◆ **TASK OBJECTIVE**
As the answer, set down the lines below from the one containing "answered (raised kind" through the one containing "readings = record", exactly and inclusively, and no others.

◆ **EXERCISE INPUT**
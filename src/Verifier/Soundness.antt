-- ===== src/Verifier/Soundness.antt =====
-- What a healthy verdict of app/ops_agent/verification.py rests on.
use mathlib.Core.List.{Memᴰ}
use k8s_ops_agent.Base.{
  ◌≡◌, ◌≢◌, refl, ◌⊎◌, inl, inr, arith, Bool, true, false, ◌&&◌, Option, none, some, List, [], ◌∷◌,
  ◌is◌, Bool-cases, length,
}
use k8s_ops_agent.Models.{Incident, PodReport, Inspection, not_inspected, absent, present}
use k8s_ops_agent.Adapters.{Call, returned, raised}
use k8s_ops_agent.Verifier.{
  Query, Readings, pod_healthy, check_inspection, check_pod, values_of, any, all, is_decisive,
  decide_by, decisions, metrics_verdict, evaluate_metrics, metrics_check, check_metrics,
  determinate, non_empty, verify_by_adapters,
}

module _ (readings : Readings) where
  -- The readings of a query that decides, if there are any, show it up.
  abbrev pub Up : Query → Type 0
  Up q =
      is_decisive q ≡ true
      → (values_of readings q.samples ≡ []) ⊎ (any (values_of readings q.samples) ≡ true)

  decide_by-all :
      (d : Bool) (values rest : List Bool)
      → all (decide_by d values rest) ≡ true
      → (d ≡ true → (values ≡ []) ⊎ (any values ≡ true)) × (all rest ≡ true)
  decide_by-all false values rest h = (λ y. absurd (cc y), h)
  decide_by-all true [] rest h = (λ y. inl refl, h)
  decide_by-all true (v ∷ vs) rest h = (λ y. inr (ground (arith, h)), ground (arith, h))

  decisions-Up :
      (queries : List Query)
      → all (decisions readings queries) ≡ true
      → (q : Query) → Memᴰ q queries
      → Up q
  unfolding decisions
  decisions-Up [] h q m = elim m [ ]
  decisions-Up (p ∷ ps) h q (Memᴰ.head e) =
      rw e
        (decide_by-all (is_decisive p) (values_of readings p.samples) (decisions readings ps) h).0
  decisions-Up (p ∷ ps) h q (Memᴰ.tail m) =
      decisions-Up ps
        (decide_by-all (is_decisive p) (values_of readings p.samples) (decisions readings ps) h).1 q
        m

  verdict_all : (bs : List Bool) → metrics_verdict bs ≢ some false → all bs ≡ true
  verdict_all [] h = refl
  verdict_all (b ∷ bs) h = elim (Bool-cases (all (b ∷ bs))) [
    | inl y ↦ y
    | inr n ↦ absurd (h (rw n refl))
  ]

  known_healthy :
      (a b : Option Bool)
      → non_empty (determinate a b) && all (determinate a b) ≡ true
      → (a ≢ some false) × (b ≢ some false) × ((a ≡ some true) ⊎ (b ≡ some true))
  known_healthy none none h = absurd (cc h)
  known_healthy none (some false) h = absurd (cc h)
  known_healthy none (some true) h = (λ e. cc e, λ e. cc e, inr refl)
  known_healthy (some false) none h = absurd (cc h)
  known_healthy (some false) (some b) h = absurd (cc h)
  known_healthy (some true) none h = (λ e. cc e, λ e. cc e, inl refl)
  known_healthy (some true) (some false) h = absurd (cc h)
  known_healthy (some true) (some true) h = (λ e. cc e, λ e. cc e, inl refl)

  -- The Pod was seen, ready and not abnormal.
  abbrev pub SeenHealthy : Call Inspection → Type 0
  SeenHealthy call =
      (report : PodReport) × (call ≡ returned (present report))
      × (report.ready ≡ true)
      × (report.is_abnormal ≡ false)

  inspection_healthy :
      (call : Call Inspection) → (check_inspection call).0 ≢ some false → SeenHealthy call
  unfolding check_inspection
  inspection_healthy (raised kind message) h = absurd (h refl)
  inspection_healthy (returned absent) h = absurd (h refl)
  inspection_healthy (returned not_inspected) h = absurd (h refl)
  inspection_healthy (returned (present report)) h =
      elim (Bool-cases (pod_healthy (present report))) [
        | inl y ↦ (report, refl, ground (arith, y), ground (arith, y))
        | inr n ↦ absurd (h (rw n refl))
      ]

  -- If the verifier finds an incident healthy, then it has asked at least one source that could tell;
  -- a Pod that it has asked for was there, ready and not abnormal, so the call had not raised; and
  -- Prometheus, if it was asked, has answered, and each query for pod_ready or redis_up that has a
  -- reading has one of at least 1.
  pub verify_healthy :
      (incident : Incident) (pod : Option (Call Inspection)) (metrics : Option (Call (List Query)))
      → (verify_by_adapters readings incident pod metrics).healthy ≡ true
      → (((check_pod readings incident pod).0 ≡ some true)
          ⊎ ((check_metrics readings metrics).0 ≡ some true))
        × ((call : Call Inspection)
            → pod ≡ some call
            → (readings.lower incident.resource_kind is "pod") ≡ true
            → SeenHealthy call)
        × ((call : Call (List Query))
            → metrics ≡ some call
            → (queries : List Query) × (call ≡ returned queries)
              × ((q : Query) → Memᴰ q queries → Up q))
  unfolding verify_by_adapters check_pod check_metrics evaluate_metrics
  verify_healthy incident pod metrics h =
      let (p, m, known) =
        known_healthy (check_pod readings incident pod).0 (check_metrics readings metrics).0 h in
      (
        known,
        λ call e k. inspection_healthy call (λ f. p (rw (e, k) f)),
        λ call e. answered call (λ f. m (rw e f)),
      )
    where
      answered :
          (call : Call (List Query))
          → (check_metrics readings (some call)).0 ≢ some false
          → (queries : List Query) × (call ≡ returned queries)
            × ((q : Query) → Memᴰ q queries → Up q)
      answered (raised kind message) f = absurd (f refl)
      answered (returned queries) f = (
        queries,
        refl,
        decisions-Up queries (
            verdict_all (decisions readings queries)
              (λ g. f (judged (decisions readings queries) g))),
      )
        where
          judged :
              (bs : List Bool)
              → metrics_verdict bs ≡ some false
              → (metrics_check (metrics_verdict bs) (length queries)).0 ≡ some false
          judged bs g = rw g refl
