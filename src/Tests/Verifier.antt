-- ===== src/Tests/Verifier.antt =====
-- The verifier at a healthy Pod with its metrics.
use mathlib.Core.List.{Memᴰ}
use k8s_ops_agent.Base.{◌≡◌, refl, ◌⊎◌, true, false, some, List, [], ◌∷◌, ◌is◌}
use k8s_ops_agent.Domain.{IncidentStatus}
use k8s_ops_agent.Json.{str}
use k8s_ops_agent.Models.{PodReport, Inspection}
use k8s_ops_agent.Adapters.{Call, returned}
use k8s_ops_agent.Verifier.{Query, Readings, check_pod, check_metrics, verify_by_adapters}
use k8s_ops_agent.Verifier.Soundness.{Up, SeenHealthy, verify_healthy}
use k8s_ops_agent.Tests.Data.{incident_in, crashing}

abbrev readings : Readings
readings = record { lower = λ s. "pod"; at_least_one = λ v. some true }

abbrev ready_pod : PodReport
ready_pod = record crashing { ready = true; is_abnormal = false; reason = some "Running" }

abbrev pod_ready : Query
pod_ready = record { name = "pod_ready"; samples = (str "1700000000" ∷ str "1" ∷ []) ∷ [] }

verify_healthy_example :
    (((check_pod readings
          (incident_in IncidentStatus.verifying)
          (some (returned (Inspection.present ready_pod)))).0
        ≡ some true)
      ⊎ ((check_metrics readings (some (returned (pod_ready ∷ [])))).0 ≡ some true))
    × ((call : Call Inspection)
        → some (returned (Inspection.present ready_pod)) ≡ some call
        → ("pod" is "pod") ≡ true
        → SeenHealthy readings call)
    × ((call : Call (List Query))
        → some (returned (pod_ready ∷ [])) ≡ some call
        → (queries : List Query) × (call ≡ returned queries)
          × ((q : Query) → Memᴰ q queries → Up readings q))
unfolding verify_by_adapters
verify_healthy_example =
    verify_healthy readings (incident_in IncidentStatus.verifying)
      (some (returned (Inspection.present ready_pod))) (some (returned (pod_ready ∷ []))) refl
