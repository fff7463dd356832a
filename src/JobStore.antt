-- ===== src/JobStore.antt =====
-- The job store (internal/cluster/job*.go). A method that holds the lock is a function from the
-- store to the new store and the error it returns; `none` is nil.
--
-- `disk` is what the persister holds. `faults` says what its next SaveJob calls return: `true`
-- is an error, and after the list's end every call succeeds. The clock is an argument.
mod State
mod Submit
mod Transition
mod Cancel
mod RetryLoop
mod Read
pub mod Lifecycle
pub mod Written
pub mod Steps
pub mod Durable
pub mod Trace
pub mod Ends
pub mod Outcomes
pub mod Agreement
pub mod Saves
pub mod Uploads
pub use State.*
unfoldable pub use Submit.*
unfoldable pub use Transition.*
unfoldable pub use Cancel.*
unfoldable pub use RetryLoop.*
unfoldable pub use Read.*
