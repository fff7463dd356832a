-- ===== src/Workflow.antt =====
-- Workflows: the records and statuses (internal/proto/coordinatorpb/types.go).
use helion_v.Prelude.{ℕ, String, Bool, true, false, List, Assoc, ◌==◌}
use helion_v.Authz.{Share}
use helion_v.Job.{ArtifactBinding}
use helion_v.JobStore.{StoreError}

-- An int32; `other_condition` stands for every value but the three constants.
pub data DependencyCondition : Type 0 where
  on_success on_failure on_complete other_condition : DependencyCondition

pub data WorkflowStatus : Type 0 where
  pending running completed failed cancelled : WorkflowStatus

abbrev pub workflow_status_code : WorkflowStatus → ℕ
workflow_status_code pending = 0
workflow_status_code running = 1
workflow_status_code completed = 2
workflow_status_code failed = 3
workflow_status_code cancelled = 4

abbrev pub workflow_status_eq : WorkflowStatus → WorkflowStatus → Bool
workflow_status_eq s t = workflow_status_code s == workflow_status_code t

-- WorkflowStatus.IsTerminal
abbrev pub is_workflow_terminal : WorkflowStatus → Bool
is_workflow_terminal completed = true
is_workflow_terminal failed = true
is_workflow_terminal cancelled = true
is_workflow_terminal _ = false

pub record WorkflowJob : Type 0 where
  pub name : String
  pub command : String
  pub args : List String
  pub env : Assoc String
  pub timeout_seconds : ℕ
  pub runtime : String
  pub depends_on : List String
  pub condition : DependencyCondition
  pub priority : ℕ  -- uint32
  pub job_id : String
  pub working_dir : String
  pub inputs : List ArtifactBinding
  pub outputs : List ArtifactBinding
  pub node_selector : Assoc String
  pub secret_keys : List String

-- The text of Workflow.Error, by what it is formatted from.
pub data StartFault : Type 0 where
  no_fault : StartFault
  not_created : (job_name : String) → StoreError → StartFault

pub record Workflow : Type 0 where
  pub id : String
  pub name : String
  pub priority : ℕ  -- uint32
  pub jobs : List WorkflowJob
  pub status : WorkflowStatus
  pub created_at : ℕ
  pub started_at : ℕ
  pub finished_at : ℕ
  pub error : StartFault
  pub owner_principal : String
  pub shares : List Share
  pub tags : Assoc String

◆ **RESULT OF THE TASK**
      answered (raised kind message) f = absurd (f refl)
      answered (returned queries) f = (
        queries,
        refl,
        decisions-Up queries (
            verdict_all (decisions readings queries)
              (λ g. f (judged (decisions readings queries) g))),
      )
        where
          judged :
              (bs : List Bool)
              → metrics_verdict bs ≡ some false
              → (metrics_check (metrics_verdict bs) (length queries)).0 ≡ some false
          judged bs g = rw g refl
filename src/Tests/Verifier.antt
-- ===== src/Tests/Verifier.antt =====
-- The verifier at a healthy Pod with its metrics.
use mathlib.Core.List.{Memᴰ}
use k8s_ops_agent.Base.{◌≡◌, refl, ◌⊎◌, true, false, some, List, [], ◌∷◌, ◌is◌}
use k8s_ops_agent.Domain.{IncidentStatus}
use k8s_ops_agent.Json.{str}
use k8s_ops_agent.Models.{PodReport, Inspection}
use k8s_ops_agent.Adapters.{Call, returned}
use k8s_ops_agent.Verifier.{Query, Readings, check_pod, check_metrics, verify_by_adapters}
use k8s_ops_agent.Verifier.Soundness.{Up, SeenHealthy, verify_healthy}
use k8s_ops_agent.Tests.Data.{incident_in, crashing}

abbrev readings : Readings
readings = record { lower = λ s. "pod"; at_least_one = λ v. some true }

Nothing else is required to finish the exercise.